Para conocer mejor cuánto ganan las esteticistas de uñas según los distintos modelos salariales, lee nuestro blog.
Salario base más comisiones
Una base salarial por horas o fija, complementada con una comisión, ya sea desde el primer dólar o a partir de un umbral de ingresos. Esta es la estructura más habitual por una razón: los estilistas obtienen estabilidad, los propietarios cuentan con una plantilla a la que pueden asignar tareas fuera del horario de atención al cliente (formación, limpieza, creación de contenidos) y resulta más fácil contratar personal en comparación con el modelo de alquiler de puestos.

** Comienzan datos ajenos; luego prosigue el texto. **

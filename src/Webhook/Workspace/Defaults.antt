-- ===== src/Webhook/Workspace/Defaults.antt =====
-- What the defaults of a workspace guarantee.
use forkspacer.Base.{ℕ, ◌≡◌, inl, refl, sym, ap, ◌∙◌, true, Option, none, some, arith}
use forkspacer.Go.{Result, ok, err}
use forkspacer.Api.Workspace.{Workspace, managed, WorkspaceFromReference, WorkspaceAutoHibernation}
use forkspacer.Webhook.Field.{none_found}
use forkspacer.Webhook.Workspace.{
  Reader, is_managed, default_workspace, validate_update, from_key, or_now, inherit, inherited,
}
use forkspacer.Webhook.Workspace.Laws.{ScheduleSpec, workspace_update_iff}

module _ (r : Reader) where
  or_now_twice : (t' t : ℕ) (o : Option ℕ) → or_now t' (or_now t o) ≡ or_now t o
  or_now_twice t' t none = refl
  or_now_twice t' t (some _) = refl

  inherit_twice :
      (found : Result Workspace) (a : Option WorkspaceAutoHibernation)
      → inherit found (inherit found a) ≡ inherit found a
  inherit_twice found (some a) = refl
  inherit_twice (ok from) none = ground arith
  inherit_twice (err e) none = refl

  inherited_twice :
      (f : Option WorkspaceFromReference) (a : Option WorkspaceAutoHibernation)
      → inherited r f (inherited r f a) ≡ inherited r f a
  inherited_twice none a = refl
  inherited_twice (some f) a = inherit_twice (r.get_workspace (from_key f)) a

  -- Defaulting twice, at whatever times, is defaulting once, if the API server answers the same.
  pub default_workspace-default_workspace :
      (t t' : ℕ) (w : Workspace)
      → default_workspace r t' (default_workspace r t w) ≡ default_workspace r t w
  unfolding default_workspace
  default_workspace-default_workspace t t' w = ground (
    arith,
    or_now_twice t' t w.status.last_activity,
    inherited_twice w.spec.from w.spec.auto_hibernation,
  )

default_workspace-connection :
    (r r' : Reader) (t t' : ℕ) (w w' : Workspace)
    → w.spec.type ≡ managed
    → w'.spec.type ≡ managed
    → w.metadata.name ≡ w'.metadata.name
    → (default_workspace r t w).spec.connection ≡ (default_workspace r' t' w').spec.connection
unfolding default_workspace
default_workspace-connection r r' t t' w w' m m' n = ground arith

still_managed : (w : Workspace) → w.spec.type ≡ managed → is_managed w.spec.type ≡ true
still_managed w m = ap is_managed m

-- The connection of a managed workspace is derived by the defaults, so it stands in the way of no
-- update: once both versions have been through the defaults, at whatever times and answers of the
-- API server, an update that keeps name and source of a managed workspace is admitted if the new
-- schedules parse and differ.
pub default_workspace-update :
    (r r' : Reader) (t t' : ℕ) (w w' : Workspace)
    → w.spec.type ≡ managed
    → w'.spec.type ≡ managed
    → w.metadata.name ≡ w'.metadata.name
    → w.spec.from ≡ w'.spec.from
    → ScheduleSpec r' (default_workspace r' t' w').spec.auto_hibernation
    → none_found (validate_update r' (default_workspace r t w) (default_workspace r' t' w')) ≡ true
unfolding default_workspace
default_workspace-update r r' t t' w w' m m' n f h =
    (workspace_update_iff r' (default_workspace r t w) (default_workspace r' t' w')).1 (
      (m ∙ sym m', f, default_workspace-connection r r' t t' w w' m m' n),
      h,
      inl (still_managed w' m'),
    )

La contrapartida es la disciplina en los costes: el salón debe pagar el salario base tanto si hay mucha actividad como si hay poca, por lo que el porcentaje de comisión debe fijarse por debajo del de un plan de comisión pura.
Comisión por tramos (y escala móvil)
Tarifas que aumentan en función de los ingresos: por ejemplo, un 40 % sobre los primeros 6.000 dólares de ingresos mensuales por servicios, un 45 % hasta los 9.000 dólares y un 50 % a partir de ahí. Una comisión de peluquería con escala móvil es el mismo concepto, pero con más tramos. Los tramos son la mejor solución al dilema al que todo propietario se enfrenta tarde o temprano —«Mi mejor estilista quiere un aumento de sueldo»—, ya que el aumento ya está incorporado y se autofinancia: las tarifas más altas solo se aplican a los ingresos que ya están en caja. Hay dos decisiones de diseño importantes: si la tarifa máxima se aplica a todos los ingresos de un estilista una vez que alcanza un umbral (de modo que alcanzar el nivel de 9.000 dólares significa que todo se paga al 50 %), o si cada tramo se paga según su propia tarifa (de modo que solo los ingresos por encima de los 9.000 dólares reciben el 50 %, mientras que todo lo que esté por debajo se sigue pagando a las tarifas más bajas). La otra decisión es dónde se sitúan los umbrales en relación con las cifras reales de tus estilistas: los tramos que nadie puede alcanzar desmotivan al personal con la misma eficacia que no tener ningún tramo.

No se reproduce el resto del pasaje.